The scope of the claims

[1] An electric actuator comprising a motor, a reduction gear that transmits rotational power of the motor to an output shaft, and a housing that covers the motor and the reduction gear, and the housing is driven with a gear housing. An electric actuator characterized by comprising a side cover and an output side cover.

[2] The gear housing is formed on the same side as the first storage space and the first storage space and the second storage space that are open to different sides and connected to each other. A motor storage space that opens to the same side as the storage space and is connected to the first storage space on the opening side, and the second storage space includes the motor and the speed reducer. 2. The electric actuator according to claim 1, wherein the electric actuator is an output-side storage space for storing the output shaft for transmitting the output from the motor.

[3] The electric actuator according to claim 1 or 2, wherein the reduction gear is a reduction gear device.

[4] In the motor storage space, a motor having a first gear on its output shaft is assembled and stored from the opening side, and the axis of the first storage space is stored in the first storage space. A second gear meshed with the first gear of the motor, and a second gear geared about the axis of the first storage space. A third gear that rotates with the rotation of the first gear, and is housed by being assembled with an opening-side force, and the second storage space is provided so as to be rotatable about the axis of the second storage space. A fourth gear that meshes with the third gear and the output shaft that is provided in the fourth gear and that rotates as the fourth gear rotates is assembled and stored with the opening side force assembled. The drive side cover is disposed in the gear housing in the motor storage space and the first storage space. The output-side cover is attached to the gear housing so that the output shaft protrudes and closes the opening of the second storage space. The electric actuator according to claim 3.

5. The electric actuator according to claim 4, wherein the gear housing is provided with a detection device for detecting a magnetic field of a magnet embedded in the fourth gear.

6. The electric actuator according to claim 5, wherein the detection device is a reed switch.

7. The electric actuator according to claim 5, wherein the detection device is a rotation angle sensor that detects a rotation angle of the output shaft.

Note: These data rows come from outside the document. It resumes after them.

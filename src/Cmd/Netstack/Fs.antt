-- ===== src/Cmd/Netstack/Fs.antt =====
-- src/cmd/netstack/fs.c: the files that stand for TCP connections. A handle has its address as a number,
-- which is the `carg` of its connection; its calls of `_sys_fs_respond`, which the kernel takes, are listed in
-- it in their order. A callback reads from the connection that it is called for.

pub mod Stream
mod Tests
use camellia.Base.{
  ℕ, List, [], ◌∷◌, ◌++◌, Bool, true, false, Option, none, some, ltb, if◌then◌else◌, ℤ, pos, negsuc,
  neg, is_neg,
}
use camellia.Libk.Ring.{Ring, get}
use camellia.Kernel.State.{update}
use camellia.Cmd.Netstack.Tcp.{User}

-- _sys_fs_respond(req, payload, result, 0)
pub record Reply : Type 0 where
  pub req : ℤ
  pub payload : List ℕ
  pub result : ℤ

-- `struct handle` of a TCP connection
pub record TcpHandle : Type 0 where
  pub conn : Option ℕ
  pub readcap : ℕ
  pub dead : Bool
  pub reqh : ℤ
  pub replies : List Reply

-- a response to the request that waits, of which there is none afterwards
unfoldable pub respond : TcpHandle → List ℕ → ℤ → TcpHandle
respond h bytes ret = record h {
  reqh = neg 1;
  replies = h.replies ++ (record { req = h.reqh; payload = bytes; result = ret } ∷ []);
}

unfoldable pub tcp_conn_callback : (addr : ℕ) → TcpHandle → TcpHandle
tcp_conn_callback addr h = respond (record h { conn = some addr }) [] (pos 0)

-- with what tcpc_tryread has read
unfoldable pub answer_read : TcpHandle → ℕ × List ℕ × Ring → Ring × TcpHandle
answer_read h (n, bytes, rx) = if ltb 0 n then (rx, respond h bytes (pos n)) else (rx, h)

unfoldable pub tcp_recv_callback : Ring → TcpHandle → Ring × TcpHandle
tcp_recv_callback rx h =
    let cap = if ltb 1024 h.readcap then 1024 else h.readcap in
    if is_neg h.reqh then (rx, h) else answer_read (record h { readcap = cap }) (get rx true cap)

unfoldable pub tcp_close_callback : TcpHandle → TcpHandle
tcp_close_callback h =
    let h = record h { dead = true } in if is_neg h.reqh then h else respond h [] (neg 12)

-- `reqh > 0`
abbrev pub is_positive : ℤ → Bool
is_positive (pos n) = ltb 0 n
is_positive (negsuc n) = false

-- a read of at most `readcap` bytes, from recv_enqueue; the reply to it if another one waits
unfoldable pub recv_enqueue : (reqh : ℤ) → (readcap : ℕ) → Ring → TcpHandle → Ring × TcpHandle
recv_enqueue reqh readcap rx h =
    if is_positive h.reqh
    then (
      rx,
      record h {
        replies = h.replies ++ (record { req = reqh; payload = []; result = neg 1 } ∷ []);
      },
    )
    else tcp_recv_callback rx (record h { reqh = reqh; readcap = readcap })

-- the callbacks that fs_open gives to tcp_listen and tcp_connect, on the handles by their addresses
unfoldable pub fs_user : User (ℕ → TcpHandle)
fs_user = record {
  connected = λ addr carg f. update f carg (tcp_conn_callback addr (f carg));
  received = λ carg rx f. let (rx', h) = tcp_recv_callback rx (f carg) in (rx', update f carg h);
  disconnected = λ carg f. update f carg (tcp_close_callback (f carg));
}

[8] The first gear is a worm, the second gear is a worm wheel, the third gear is a spur gear, the fourth gear is a spur gear, and the output shaft is the first gear. The electric actuator according to any one of claims 4 to 7, wherein the electric actuator is formed integrally with a spur gear which is a gear of 4.

9. The electric actuator according to claim 8, wherein the worm as the first gear is a double thread.

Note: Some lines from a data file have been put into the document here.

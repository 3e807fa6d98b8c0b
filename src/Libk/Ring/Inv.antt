-- ===== src/Libk/Ring/Inv.antt =====
-- The invariant of `ring_t`: both indices lie in the storage, and no `size_t` sum wraps.
use camellia.Base.{
  ℕ, ◌+◌, ◌-◌, ◌^◌, ◌≤◌, ◌<◌, ◌≡◌, ◌∙◌, refl, List, Bool, true, false, arith, length, length-set,
  [], ◌∷◌,
}
use camellia.Libk.Ring.{Ring, at_end, used, put1b, put, contig, get}

pub record IsValid (r : Ring) : Type 0 where
  pub storage : r.capacity ≤ length r.buf
  pub small : r.capacity ≤ 2 ^ 63
  pub head_in : r.head < r.capacity
  pub tail_in : r.tail < r.capacity

-- The number of stored bytes, with no wrap.
pub used-eq :
    {r : Ring}
    → IsValid r
    → ((r.tail ≤ r.head → used r ≡ r.head - r.tail))
      × (r.head < r.tail → used r ≡ r.head + r.capacity - r.tail)
      × (used r < r.capacity)
unfolding used
used-eq v = ground arith

-- `at_end` says that all slots but one are taken.
pub at_end-true : {r : Ring} → IsValid r → at_end r ≡ true → used r + 1 ≡ r.capacity
unfolding used at_end
at_end-true v h = ground arith

pub at_end-false : {r : Ring} → IsValid r → at_end r ≡ false → used r + 1 < r.capacity
unfolding used at_end
at_end-false v h = ground arith

pub put1b-IsValid : {r : Ring} (b : ℕ) → IsValid r → IsValid (put1b r b)
unfolding put1b
put1b-IsValid {r} b v = ground (arith, length-set r.buf r.head b)

-- `ring_put` keeps a ring valid.
pub put-IsValid : (bs : List ℕ) {r : Ring} → IsValid r → IsValid (put r bs)
unfolding put
put-IsValid [] v = v
put-IsValid (b ∷ bs) v = put-IsValid bs (put1b-IsValid b v)

capacity-put1b : (r : Ring) (b : ℕ) → (put1b r b).capacity ≡ r.capacity
unfolding put1b
capacity-put1b r b = ground arith

pub capacity-put : (bs : List ℕ) (r : Ring) → (put r bs).capacity ≡ r.capacity
unfolding put
capacity-put [] r = refl
capacity-put (b ∷ bs) r = capacity-put bs (put1b r b) ∙ capacity-put1b r b

pub contig-IsValid : {r : Ring} (len : ℕ) → IsValid r → IsValid (contig r len).2
unfolding contig
contig-IsValid len v = ground arith

capacity-contig : (r : Ring) (len : ℕ) → (contig r len).2.capacity ≡ r.capacity
unfolding contig
capacity-contig r len = refl

pub capacity-get : (r : Ring) (keep : Bool) (len : ℕ) → (get r keep len).2.capacity ≡ r.capacity
unfolding get contig
capacity-get r keep len = refl

-- `ring_get` keeps a ring valid.
pub get-IsValid : {r : Ring} (keep : Bool) (len : ℕ) → IsValid r → IsValid (get r keep len).2
unfolding get
get-IsValid keep len v = contig-IsValid _ (contig-IsValid _ v)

10. The electric actuator according to claim 8 or 9, wherein the output shaft is supported at two points by bearings respectively provided on the gear housing and the output side cover.

[11] The electric actuator according to any one of claims 8 and 10, wherein the output shaft is supported by a protrusion formed integrally with the gear housing.

[12] The electric actuator according to any one of claims 8 and 11, wherein the second gear and the third gear are connected via a buffer member. .

[13] The second gear and the third gear are integrated with each other by engaging both protrusions provided on the second gear and the third gear with a buffer member interposed therebetween. The electric actuator according to any one of claims 7 to 12, wherein the electric actuator is rotating.

[14] One of the second gear and the third gear is provided on the outer peripheral side of the buffer member and on the other side of the second gear and the third gear with respect to the buffer member. A projecting portion is provided, and a portion of the projecting portion ahead of the buffer member and the other of the second gear and the third gear are snap-fit coupled, The electric actuator according to claim 13.

[15] The gear housing, the drive-side cover, and the output-side cover are all formed of thermoplastic resin, and the drive-side cover and the output cover are formed on the gear housing. The force side covers are attached by ultrasonic welding, respectively.

1. The electric actuator according to claim 14.